I guess that is due to the fact that beta-diversity analysis is not possible with a single sample. You may consider splitting the fastq in 2 chunks and see if that solves the issue, or setting diversityAnalyses process to false in the config file. SM

richelbilderbeek commented 8 months ago

I reopen this Issue as the set of files is still incomplete, after or setting diversityAnalyses process to false: it results in the error (see in GitHub Actions log here):

All features were filtered, resulting in an empty table

I tried to alleviate this by setting clusteringIdentity to 0.1and minConsensus to 0.51, but still no run that passes.

So, anyone knows a minimal-but-complete example dataset, below 1 MB (but hey, 10 would be fine too) so anyone can test-run MetONTIIME, ideally allowing the diversity analysis?

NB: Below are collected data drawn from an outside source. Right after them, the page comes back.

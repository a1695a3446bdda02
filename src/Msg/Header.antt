-- ===== src/Msg/Header.antt =====
-- The message header: msgtype.c, msg_unpack_header, msg_init_header and __msg_pack_header.
use ppsi.Ds.{MsgHeader, PortDs, PortIdentity}
use ppsi.Msg.Bytes.{Buffer, clear, get16, get64, get_octets, put16, put64, put_octets}
use ppsi.Prelude.{if◌then◌else◌, of_word, pos, to_word, update, ℕ, ℤ, ◌%◌, ◌*◌, ◌+◌, ◌/◌, ◌==◌, ◌^◌}

-- struct pp_msgtype_info, the fields that go into a message.
pub record MsgTypeInfo : Type 0 where
  pub msg_type : ℕ
  pub msglen : ℕ
  pub control_field : ℕ
  pub log_message_interval : ℕ

-- enum pp_msg_format
pub data MsgFormat : Type 0 where
  sync_fmt delay_req_fmt pdelay_req_fmt pdelay_resp_fmt follow_up_fmt delay_resp_fmt : MsgFormat
  pdelay_r_fup_fmt announce_fmt signaling_fmt signaling_no_fwd_fmt management_fmt : MsgFormat

info : ℕ → ℕ → ℕ → ℕ → MsgTypeInfo
info t len control log = record {
  msg_type = t;
  msglen = len;
  control_field = control;
  log_message_interval = log;
}

-- The table pp_msgtype_info. A length of -1 in a uint16_t is 65535.
unfoldable pub pp_msgtype_info : MsgFormat → MsgTypeInfo
unfolding info
pp_msgtype_info MsgFormat.sync_fmt = info 0 44 0 1
pp_msgtype_info MsgFormat.delay_req_fmt = info 1 44 1 0x7f
pp_msgtype_info MsgFormat.pdelay_req_fmt = info 2 54 5 0x7f
pp_msgtype_info MsgFormat.pdelay_resp_fmt = info 3 54 5 0x7f
pp_msgtype_info MsgFormat.follow_up_fmt = info 8 44 2 1
pp_msgtype_info MsgFormat.delay_resp_fmt = info 9 54 3 2
pp_msgtype_info MsgFormat.pdelay_r_fup_fmt = info 10 54 5 0x7f
pp_msgtype_info MsgFormat.announce_fmt = info 11 64 5 0
pp_msgtype_info MsgFormat.signaling_fmt = info 12 65535 5 0x7f
pp_msgtype_info MsgFormat.signaling_no_fwd_fmt = info 12 65535 5 0x7f
pp_msgtype_info MsgFormat.management_fmt = info 13 65535 4 0x7f

-- What the packing functions write: the instance's tx_ptp and sent_seq.
pub record Sender : Type 0 where
  pub tx_ptp : Buffer
  pub sent_seq : ℕ → ℕ

-- The header fields of a received message. msg_unpack_header always returns 0.
unfoldable pub msg_unpack_header : Buffer → MsgHeader
msg_unpack_header buf = record {
  transport_specific = buf 0 / 16;
  message_type = buf 0 % 16;
  version_ptp = buf 1 % 16;
  message_length = get16 buf 2;
  domain_number = buf 4;
  flag_field_0 = buf 6;
  flag_field_1 = buf 7;
  source_port_identity = record {
    clock_identity = record { id = get_octets buf 20 8 };
    port_number = get16 buf 28;
  };
  sequence_id = get16 buf 30;
  log_message_interval = of_word 8 (buf 33);
  c_field = of_word 64 (get64 buf 8);
}

-- msg_init_header, for a port of version 2.`minor`
unfoldable pub msg_init_header : Buffer → ℕ → ℕ → ℕ → PortIdentity → Buffer
msg_init_header buf minor version domain pid =
    let buf = clear buf 0 34 in
    let buf = update buf 1 ((minor * 16 + version % 16) % 256) in
    let buf = update buf 4 domain in
    let buf = put_octets buf 20 pid.clock_identity.id in put16 buf 28 pid.port_number

-- __msg_set_seq_id
unfoldable pub msg_set_seq_id : Sender → MsgTypeInfo → Sender
msg_set_seq_id s mf =
    let seq = (s.sent_seq mf.msg_type + 1) % 2 ^ 16 in
    record { tx_ptp = put16 s.tx_ptp 30 seq; sent_seq = update s.sent_seq mf.msg_type seq }

-- The switch on the kind of interval.
unfoldable pub log_interval : PortDs → ℕ → ℤ
log_interval port log =
    if log == 0
    then pos port.log_announce_interval
    else if log == 1
    then port.log_sync_interval
    else if log == 2
    then port.log_min_delay_req_interval
    else pos log

-- __msg_pack_header; its result is mf.msglen
unfoldable pub msg_pack_header : PortDs → Buffer → MsgTypeInfo → Buffer
msg_pack_header port buf mf =
    let buf = update buf 0 mf.msg_type in
    let buf = put16 buf 2 mf.msglen in
    let buf = put64 buf 8 0 in
    let buf = update (update buf 6 0) 7 0 in
    let buf = update buf 32 mf.control_field in
    update buf 33 (to_word 8 (log_interval port mf.log_message_interval))
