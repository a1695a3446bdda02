-- ===== src/Fsm/Frame.antt =====
-- The checks on a received frame: fsm_unpack_verify_frame and pp_packet_prefilter of fsm.c.
use Prim.Native.Nat.{bit_and}
use ppsi.Bmc.Compare.{bmc_idcmp, bmc_pidcmp}
use ppsi.Ds.{Globals, MsgHeader, State, ppm_announce, same_state}
use ppsi.Msg.Bytes.{Buffer}
use ppsi.Msg.Header.{msg_unpack_header}
use ppsi.Prelude.{
  Bool, Option, false, if◌then◌else◌, is_zero, leb, ltb, none, not, some, ℕ, ◌%◌, ◌&&◌, ◌==◌, ◌||◌,
}

-- type_length, by message type; the entries that the table leaves out are 0
unfoldable pub type_length : ℕ → ℕ
type_length t =
    if t == 0 || (t == 1 || t == 8)
    then 44
    else if (t == 2 || t == 3) || (t == 9 || t == 10)
    then 54
    else if t == 11
    then 64
    else if t == 12
    then 34
    else if t == 13
    then 48
    else 0

-- __PP_NR_MESSAGES_TYPES
abbrev pub nr_messages_types : ℕ
nr_messages_types = 14

-- A frame that passes the checks, with its header unpacked; `none` is a non-zero result, and leaves
-- the header of the instance as it was. Without octets the message type is 0, and the frame too short.
unfoldable pub fsm_unpack_verify_frame : Option Buffer → ℕ → Option MsgHeader
fsm_unpack_verify_frame none len = none
fsm_unpack_verify_frame (some buf) len =
    let msgtype = if len == 0 then 0 else buf 0 % 16 in
    if leb nr_messages_types msgtype || ltb len (type_length msgtype)
    then none
    else if buf 1 % 16 == 2
    then some (msg_unpack_header buf)
    else none

-- PP_ALTERNATE_MASTER_FLAG
abbrev pub alternate_master_flag : ℕ
alternate_master_flag = 1

-- States in which a port handles no message.
unfoldable pub ignores_messages : State → Bool
ignores_messages s =
    same_state s State.initializing || (same_state s State.disabled || same_state s State.faulty)

-- Is the header's frame to be handled? `false` is the result -1.
unfoldable pub pp_packet_prefilter : Globals → ℕ → Bool
pp_packet_prefilter g ppi =
    let p = g.inst ppi in
    let hdr = p.received_ptp_header in
    let own = p.port_ds.port_identity in
    if not (hdr.domain_number == g.default_ds.domain_number)
    then false
    else if not (bit_and hdr.flag_field_0 alternate_master_flag == 0)
    then false
    else if is_zero (bmc_pidcmp hdr.source_port_identity own)
    then false
    else if (is_zero (bmc_idcmp hdr.source_port_identity.clock_identity own.clock_identity)
          && ltb 1 g.default_ds.number_ports)
        && not (hdr.message_type == ppm_announce)
    then false
    else not (ignores_messages p.state)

MaestSi commented 8 months ago

It looks like the reads do not align to Bacillus subtilis 16S gene sequence that I downloaded from NCBI. You may check this by uploading to QIIME2 Viewer the file taxonomy.qzv. If this is the case, you may consider downloading more fasta sequences from NCBI and creating the tsv files with the script I provided - or just using a real database, which you can easily download from QIIME2 website.